Sharemilking is a partnership between an older, financially secure land-owning farmer looking to retire and a younger, skilled farm manager with few assets. The partners basically share a milk check — and a chance for one to phase out of business while the other phases in.
Unlike a long tradition in rural America, the new partners aren’t family.
“The replacements have always been home-grown, and that is not happening anymore,” said Gwen Garvey, coordinator of Farm Link Services, a year-old state Agriculture Department program designed to pair aspiring farmers with those retiring.
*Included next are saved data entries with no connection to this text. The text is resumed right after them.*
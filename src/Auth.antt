-- ===== src/Auth.antt =====
-- Authentication: app/core/security.py, app/core/deps.py and app/api/routes/auth.py.
pub mod Tokens
pub mod Session
pub mod Login
pub mod Reset
pub mod Revocation
pub mod SecondFactor
pub mod SingleUse
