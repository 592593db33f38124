-- ===== src/Auth/Tokens.antt =====
-- app/core/security.py. The packages `jose` and `passlib` are not part of the program: their operations
-- are the fields of `Crypto`.
use mdm_saa_s.Common.{ℕ, ◌+◌, ◌*◌, String, Bool, Option, some}
use mdm_saa_s.Database.{Action, pure, new_uuid, ◌>>=◌}

-- The claims of a token that the server writes and reads.
pub record Claims : Type 0 where
  pub sub : String
  pub tenant_id : String
  pub role : String
  pub exp : Option ℕ
  pub jti : Option String
  pub kind : Option String

-- `decode now token` is `none` where `jwt.decode` raises a JWTError at the time `now`.
pub record Crypto : Type 0 where
  pub encode : Claims → String
  pub decode : ℕ → String → Option Claims
  pub verify : String → String → Bool
  pub hash : String → String
  pub verify_totp : ℕ → String → String → Bool

abbrev pub microseconds_per_minute : ℕ
microseconds_per_minute = 60_000_000

-- `kind` is the claim "type" of `extra`, and `minutes` the token's life.
unfoldable pub new_claims : ℕ → String → String → String → Option String → ℕ → String → Claims
new_claims now subject tenant_id role kind minutes jti = record {
  sub = subject;
  tenant_id = tenant_id;
  role = role;
  exp = some (now + minutes * microseconds_per_minute);
  jti = some jti;
  kind = kind;
}

unfoldable pub create_access_token :
    Crypto → ℕ → String → String → String → Option String → ℕ → Action String
unfolding new_claims
create_access_token crypto now subject tenant_id role kind minutes = do
  jti ← new_uuid
  pure (crypto.encode (new_claims now subject tenant_id role kind minutes jti))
Sharemilking permits young partners to earn a paycheck and to slowly build their own herds by getting heifer calves from the established herd in return for labor. The secure farmers have less work, phase out of the business, cash in on the equity they’ve earned and cut their capital-gains taxes.
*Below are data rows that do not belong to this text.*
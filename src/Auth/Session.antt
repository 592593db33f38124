-- ===== src/Auth/Session.antt =====
-- app/core/deps.py: who a request comes from. The cache of the process maps a token's identifier to
-- the time, on the monotonic clock, at which it was last seen not to be revoked.
use mdm_saa_s.Common.{
  ℕ, ◌+◌, String, Bool, true, false, not, Option, none, some, List, [], ◌∷◌, ◌==◌, ltb, truthy,
  some_is, get_or, select, delete_where, if◌then◌else◌,
}
use mdm_saa_s.Models.{User, Tenant}
use mdm_saa_s.Database.{Db, Result, ok, err, http, one_or_none}
use mdm_saa_s.Auth.Tokens.{Crypto}

abbrev pub Cache : Type 0
Cache = List (String × ℕ)

abbrev pub cache_get : Cache → String → Option ℕ
cache_get [] jti = none
cache_get ((k, t) ∷ c) jti = if k == jti then some t else cache_get c jti

unfoldable pub cache_invalidate : String → Cache → Cache
cache_invalidate jti c = delete_where (λ e. e.0 == jti) c

abbrev pub cache_put : String → ℕ → Cache → Cache
cache_put jti t c = (jti, t) ∷ c

-- _REVOCATION_CACHE_TTL, in microseconds
abbrev pub revocation_cache_ttl : ℕ
revocation_cache_ttl = 60_000_000

abbrev pub is_revoked : String → Db → Bool
is_revoked jti s = elim (select (λ r. r.jti == jti) s.revoked_tokens) [ [] ↦ false | _ ∷ _ ↦ true ]

-- `cached_at is not None and now - cached_at <= TTL`
abbrev pub is_fresh : ℕ → Option ℕ → Bool
is_fresh mono cached_at = some_is (λ t. not (ltb (t + revocation_cache_ttl) mono)) cached_at

-- The test against the blocklist: `none` where it raises, else the new cache.
unfoldable pub check_revocation : ℕ → String → Db → Cache → Option Cache
check_revocation mono jti s c =
    if is_fresh mono (cache_get c jti)
    then some c
    else if is_revoked jti s
    then none
    else some (cache_put jti mono c)

abbrev pub is_active_user : Option User → Bool
is_active_user = some_is (λ u. u.status == "active")

unfoldable pub active_user : String → Db → Result User
unfolding one_or_none
active_user sub s = elim (one_or_none (select (λ u. u.id == sub) s.users)) [
  | err e ↦ err e
  | ok none ↦ err (http 401)
  | ok (some u) ↦ if u.status == "active" then ok u else err (http 401)
]

-- `mono` is `time.monotonic()`. The cache is kept also where the request is refused.
unfoldable pub get_current_user : Crypto → ℕ → ℕ → String → Db → Cache → Result User × Cache
unfolding check_revocation active_user
get_current_user crypto now mono token s c = elim (crypto.decode now token) [
  | none ↦ (err (http 401), c)
  | some payload ↦
      if some_is truthy payload.jti
      then (elim (check_revocation mono (get_or payload.jti "") s c) [
        | none ↦ (err (http 401), c)
        | some c' ↦ (active_user payload.sub s, c')
      ])
      else (active_user payload.sub s, c)
]

unfoldable pub get_current_tenant : User → Db → Result Tenant
unfolding one_or_none
get_current_tenant user s = elim (one_or_none (select (λ t. t.id == user.tenant_id) s.tenants)) [
  | err e ↦ err e
  | ok none ↦ err (http 403)
  | ok (some t) ↦ if t.status == "active" then ok t else err (http 403)
]
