-- ===== src/FilterChain.antt =====
-- orchestration/filter_chain.py: the stages of validation in their fixed order, each on evidence that
-- is read back. This file holds the records, the decisions and the identity of a stage's run.
pub mod Reserving
pub mod Checking
pub mod Handoffs
pub mod Running
pub mod Replay
pub mod Evidence
pub mod Reached
mod Justified
mod Gates
pub mod Outcomes
pub mod Reserved
mod Samples
use quant_factory.Prelude.{
  Bool, true, false, ◌&&◌, Option, none, some, List, [], ◌∷◌, String, string_eq, ◌==◌,
  if◌then◌else◌, length, nat_eq,
}
use quant_factory.Python.{Exn, Result}
use quant_factory.Python.Text.{append, left_chars}
use quant_factory.Python.Json.{Json, Codec}
use quant_factory.Python.Exec.{Exec}
use quant_factory.Persistence.{RunStage, stage_value, Database}

pub data ChainStatus : Type 0 where
  screened_out stopped ready_for_protected_test : ChainStatus

-- `VALIDATION_STAGE_ORDER`
abbrev pub validation_stage_order : List RunStage
validation_stage_order =
    RunStage.oos ∷ RunStage.walk_forward ∷ RunStage.robustness ∷ RunStage.monte_carlo ∷ []

-- `SCORED_VALIDATION_STAGES`
abbrev pub is_scored : RunStage → Bool
is_scored RunStage.walk_forward = true
is_scored RunStage.robustness = true
is_scored RunStage.monte_carlo = true
is_scored _ = false

-- What the evidence service reads back for a stage other than OOS.
pub record StageOutcome : Type 0 where
  pub status : String
  pub evidence_identity : Option String
  pub reasons : List String

pub record SourceLock : Type 0 where
  pub status : String
  pub artifact_id : String
  pub reasons : List String

pub record GateResult : Type 0 where
  pub eligible_to_execute_lockbox : Bool
  pub reasons : List String

abbrev pub undecided_folds : List String
undecided_folds = "successful walk-forward folds do not define an overall acceptance decision" ∷ []

abbrev pub is_same_reasons : List String → List String → Bool
is_same_reasons [] [] = true
is_same_reasons [] (b ∷ bs) = false
is_same_reasons (a ∷ rest) [] = false
is_same_reasons (a ∷ rest) (b ∷ bs) = a == b && is_same_reasons rest bs

-- `_stage_may_progress`
unfoldable pub stage_may_progress : RunStage → StageOutcome → Bool
stage_may_progress stage outcome =
    if outcome.status == "passed"
    then true
    else if is_scored stage && outcome.status == "failed"
    then true
    else elim stage [
      | RunStage.monte_carlo ↦ outcome.status == "insufficient_evidence"
      | RunStage.walk_forward ↦
          outcome.status == "insufficient_evidence"
          && is_same_reasons outcome.reasons undecided_folds
      | _ ↦ false
    ]

pub record PersistedStageReference : Type 0 where
  pub stage : RunStage
  pub run_id : String

pub record FilterStageContext : Type 0 where
  pub screening_run_id : String
  pub stage : RunStage
  pub run_id : String
  pub previous : List PersistedStageReference

-- `references[-1].run_id if references else screening_run_id`
abbrev pub previous_run_id : String → List PersistedStageReference → String
previous_run_id screening_run_id [] = screening_run_id
previous_run_id screening_run_id (r ∷ rs) = previous_run_id r.run_id rs

pub record FilterStageHandoff : Type 0 where
  pub stage : RunStage
  pub run_id : String
  pub status : String
  pub eligible_to_progress : Bool
  pub evidence_identity : Option String
  pub reasons : List String

pub record FilterChainOutcome : Type 0 where
  pub status : ChainStatus
  pub screening_run_id : String
  pub completed : List FilterStageHandoff
  pub stopped_at : Option String
  pub reasons : List String
  pub protected_test_gate : Option GateResult

-- `Mapping[RunStage, StageAdapter]`: an adapter may change the database, and returns or raises.
abbrev pub StageAdapter : Type 0
StageAdapter = FilterStageContext → Exec Database PersistedStageReference

-- What the chain takes from its neighbours: the evidence service, which reads the database and the
-- stored artifacts, the text of an exception, the runtime lineage that a run is frozen with, and the
-- times that a stage reads.
pub record Surroundings : Type 0 where
  pub source_lock : String → Database → Result SourceLock
  pub stage_outcome : String → Database → Result StageOutcome
  pub lockbox_prerequisites :
      (walk_forward monte_carlo robustness : String) → SourceLock → Database → Result GateResult
  pub message : Exn → String
  pub runtime_lineage : Json
  pub clock : RunStage → String

-- `_handoff_run_id`
unfoldable pub handoff_run_id :
    Codec → (screening_run_id source_run_id : String) → RunStage → String
handoff_run_id codec screening_run_id source_run_id stage = append "run_" (
    left_chars 32 (
      codec.sha256 (
        append "factory_filter_handoff_v1|" (
          append screening_run_id
            (append "|" (append source_run_id (append "|" (stage_value stage))))))))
“This is a powerful system socially and economically,” said Steve Stevenson, a researcher at the University of Wisconsin’s Center for Integrated Agricultural Systems in Madison.
Stevenson sought ways to get more young farmers into the industry due to an expected trend in the next 12 to 15 years — a higher rate of older farmers leaving the business.
A number of large and profitable farms — enough to split incomes –are needed for sharemilking to work, he said.
As of Oct. 31, Wisconsin had 25,127 dairy farms, compared with 33,070 in 1990 and 51,179 in 1975, said Laura Mason, a dairy statistician with the U.S. Agriculture Department. The state has about 1.49 million milk cows, down from 1.81 million in 1975.
Farmer Sue Shultz also operates a farm management consulting business that has helped 18 other young farmers get into business through milk-share contract agreements since 1990. Two have failed, she said.
With $15,000 cash and a loan, Shultz and her husband bought out a farmer’s herd of 43 dairy cows and worked out an arrangement to split the milk check 50-50 with him, Shultz said. He provided everything the couple needed to farm — the barn, silos, home-grown feed, straw and a home.
Within four years, the couple’s equity in the herd grew enough to make a down payment on a different farm they now own.